Building a new stable yard

  • 1, Always check if planning permission is required. Generally, it depends whether the proposed stable is “within the confines of a domestic dwelling” — including your garden — or is to be sited on agricultural land.

    2, If you have a choice about the siting of a stable block, your main consideration must be the prevailing wind. The doors should face away from this to prevent rain, sleet and snow from being blown in.

    3, Many books say that the ideal position is facing south, but the strong sun in summer can make the stables very hot, especially if they are of wooden construction.

    4, East-facing is a popular compromise because the stables get the morning sun in winter and most of Britain’s strongest rain-bearing winds come from the west. North facing stables are exceptionally cold in winter and get very little sun, which makes drying floors nearly impossible.

    5, Tradition states that drains are placed to the rear of the stable, but a drain at the front is more practical. You also need to plan a route for the effluent, so make sure that the floor runs on a gentle downward slope towards the drain.

    6, Ideally you want the muck heap close enough to the stable to minimise the chore of pushing a barrow through deep snow in the winter but far enough away not to be a fire hazard.

    7, If possible plan your stables with a view to possible expansion in the future. You may think that you only need a couple of boxes now, but circumstances change and careless initial siting could scupper future plans.

    8, Plan the site so that you have easy access to your grazing. For working owners, who have to do their horses in the dark, it helps if the yard entrance/exit leads directly into the field.

    9, It is a good idea to have a fenced and gated-off area no less than 9ft in front of the stables to prevent horses at grass from interfering with their stabled companions.

    10, Take account of the easy availability of electricity and water when costing the project. It can be surprisingly expensive, so get a quotation from your local electricity and water companies first.

    11, Weigh up the pros and cons of different materials for the stables. Supplied and erected wooden stables are the cheapest option and offer a good medium-term solution, but remember that they are hot in summer and cold in winter

    12, Always go to a reputable supplier who can give you names and addresses of former customers. You can then ring them, or arrange a visit, to find out how good the service was.

    13, The best supplier may not be the cheapest and do check what is included in the original price. Some firms include such things as rag bolts — which secure the wooden structure to the base — but others charge extra for them and this can become expensive. Guttering and all roofing materials should be included.

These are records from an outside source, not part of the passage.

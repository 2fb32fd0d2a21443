-- ===== src/Dedup/TtlSet/Expiry.antt =====
-- How long TTLSet suppresses a key, whatever else happens to the set.
use lobster_roll.Prelude.{
  ℕ, ◌+◌, ◌<◌, ◌≡◌, Bool, true, false, List, [], ◌∷◌, none, some, Eq, ◌≟◌, lookup, insert, keep,
  lookup-insert, lookup-delete, All, beq_refl, eq_of_beq, arith, ltb, if◌then◌else◌,
}
use lobster_roll.Dedup.TtlSet.{TtlSet, sweep, is_live, add, remove}

-- A call by some client: `Add` at a time, or `Remove`.
pub data Call {ℓ} (K : Type ℓ) : Type ℓ where
  adds : ℕ → K → Call K
  removes : K → Call K

module _ {ℓ} {K : Type ℓ} ⦃e : Eq K⦄ where
  pub run : TtlSet K → List (Call K) → TtlSet K
  run s [] = s
  run s (adds now k ∷ cs) = run (add s now k).0 cs
  run s (removes k ∷ cs) = run (remove s k) cs

  -- The call is made before the deadline, and does not remove the key.
  abbrev pub Spares : K → ℕ → Call K → Type 0
  Spares k deadline (adds now j) = now < deadline
  Spares k deadline (removes j) = (j ≟ k) ≡ false

  lookup-keep :
      (k : K) (p : K × ℕ → Bool) (v : ℕ) (m : List (K × ℕ))
      → ((j : K) → p (j, v) ≡ true)
      → lookup k m ≡ some v
      → lookup k (keep p m) ≡ some v
  unfolding lookup keep
  lookup-keep k p v [] live h = cc
  lookup-keep k p v ((j, w) ∷ m) live h = ground (arith, live j, lookup-keep k p v m live)

  sweep-keeps :
      (s : TtlSet K) (now v : ℕ) (k : K)
      → now < v
      → lookup k s.exp ≡ some v
      → lookup k (sweep s now).exp ≡ some v
  unfolding sweep
  sweep-keeps s now v k h l =
      ground (arith, lookup-keep k (λ r. ltb now r.1) v s.exp (λ j. ground arith) l)

  pub add-keeps :
      (s : TtlSet K) (now v : ℕ) (k j : K)
      → now < v
      → lookup k s.exp ≡ some v
      → lookup k (add s now j).0.exp ≡ some v
  unfolding add
  add-keeps s now v k j h l = ground (
    arith,
    eq_of_beq j k,
    sweep-keeps (record s { exp = insert j (now + s.ttl) s.exp }) now v k h,
    lookup-insert j k (now + s.ttl) s.exp,
  )

  run-keeps :
      (cs : List (Call K)) (s : TtlSet K) (v : ℕ) (k : K)
      → All (Spares k v) cs
      → lookup k s.exp ≡ some v
      → lookup k (run s cs).exp ≡ some v
  unfolding run remove
  run-keeps [] s v k a l = l
  run-keeps (adds now j ∷ cs) s v k (h, a) l =
      run-keeps cs (add s now j).0 v k a (add-keeps s now v k j h l)
  run-keeps (removes j ∷ cs) s v k (h, a) l =
      run-keeps cs (remove s j) v k a (ground (arith, lookup-delete j k s.exp))

  pub add-lookup :
      (s : TtlSet K) (now : ℕ) (k : K)
      → 0 < s.ttl
      → (add s now k).1 ≡ true
      → lookup k (add s now k).0.exp ≡ some (now + s.ttl)
  unfolding add
  add-lookup s now k pos h = ground (
    arith,
    beq_refl k,
    sweep-keeps (record s { exp = insert k (now + s.ttl) s.exp }) now (now + s.ttl) k,
    lookup-insert k k (now + s.ttl) s.exp,
  )

  pub live-refused :
      (s : TtlSet K) (now v : ℕ) (k : K)
      → now < v
      → lookup k s.exp ≡ some v
      → (add s now k).1 ≡ false
  unfolding add is_live
  live-refused s now v k h l = ground arith

  pub remove-keeps :
      (s : TtlSet K) (k j : K) (v : ℕ)
      → (j ≟ k) ≡ false
      → lookup k s.exp ≡ some v
      → lookup k (remove s j).exp ≡ some v
  unfolding remove
  remove-keeps s k j v n l = ground (arith, lookup-delete j k s.exp)

  -- After a key was newly added, and until its time to live is over, the key is refused again,
  -- whatever calls come between, as long as each `Add` among them reads a time before the deadline
  -- and none removes the key.
  pub add-suppresses :
      (s : TtlSet K) (now later : ℕ) (k : K) (cs : List (Call K))
      → (add s now k).1 ≡ true
      → later < now + s.ttl
      → 0 < s.ttl
      → All (Spares k (now + s.ttl)) cs
      → (add (run (add s now k).0 cs) later k).1 ≡ false
  add-suppresses s now later k cs new h pos a =
      live-refused _ later (now + s.ttl) k h
        (run-keeps cs (add s now k).0 (now + s.ttl) k a (add-lookup s now k pos new))

  -- A key that was removed is accepted again at any time, and the removal leaves the entry of every
  -- other key alone.
  pub add-remove :
      (s : TtlSet K) (now : ℕ) (k j : K)
      → ((add (remove s k) now k).1 ≡ true)
        × (lookup j (remove s k).exp ≡ (if k ≟ j then none else lookup j s.exp))
  unfolding add remove is_live
  add-remove s now k j =
      (ground (arith, lookup-delete k k s.exp, beq_refl k), lookup-delete k j s.exp)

    14, Erection of the stable is usually included in the price, but delivery can be a surprise “extra”. If you live near the supplier, it can be worth trying to negotiate a reduced charge.

    15, You will not save much by collecting and erecting the stables yourself. Professional suppliers will do the job faster and if there were a problem later, you would have grounds for a complaint.

    16, You must have the base ready well before delivery. Ready-mixed concrete works out almost as cheap as mixing it yourself — and is a lot less work. However, don’t forget that you will need to arrange some help to spread and level the concrete; it isn’t a one-man job.

    17, You will also need a single course of brickwork, on which the stables sit, laid down. You should get a detailed drawing or plan from the supplier so that the bricks are laid in the correct position. Check and double check all measurements carefully. Remember, if you make a mistake, it cannot be rectified on the day the stables are erected because the mortar must have at least three days to set.

    18, Make sure that there is good access to the site for the supplier’s lorry. This could mean moving other vehicles or even dismantling fencing. Make your contingency plans in plenty of time and ask the supplier what size and type of lorry he uses.

    19, Make sure that an electricity supply is available or tell the supplier that he will need to provide a generator.

    20, On the day the stables are erected, it is better to keep out of the way! No matter how much you might want to help, the suppliers work more effectively to their own routine. The best, and most effective thing you can do is give them plenty of cups of tea or coffee.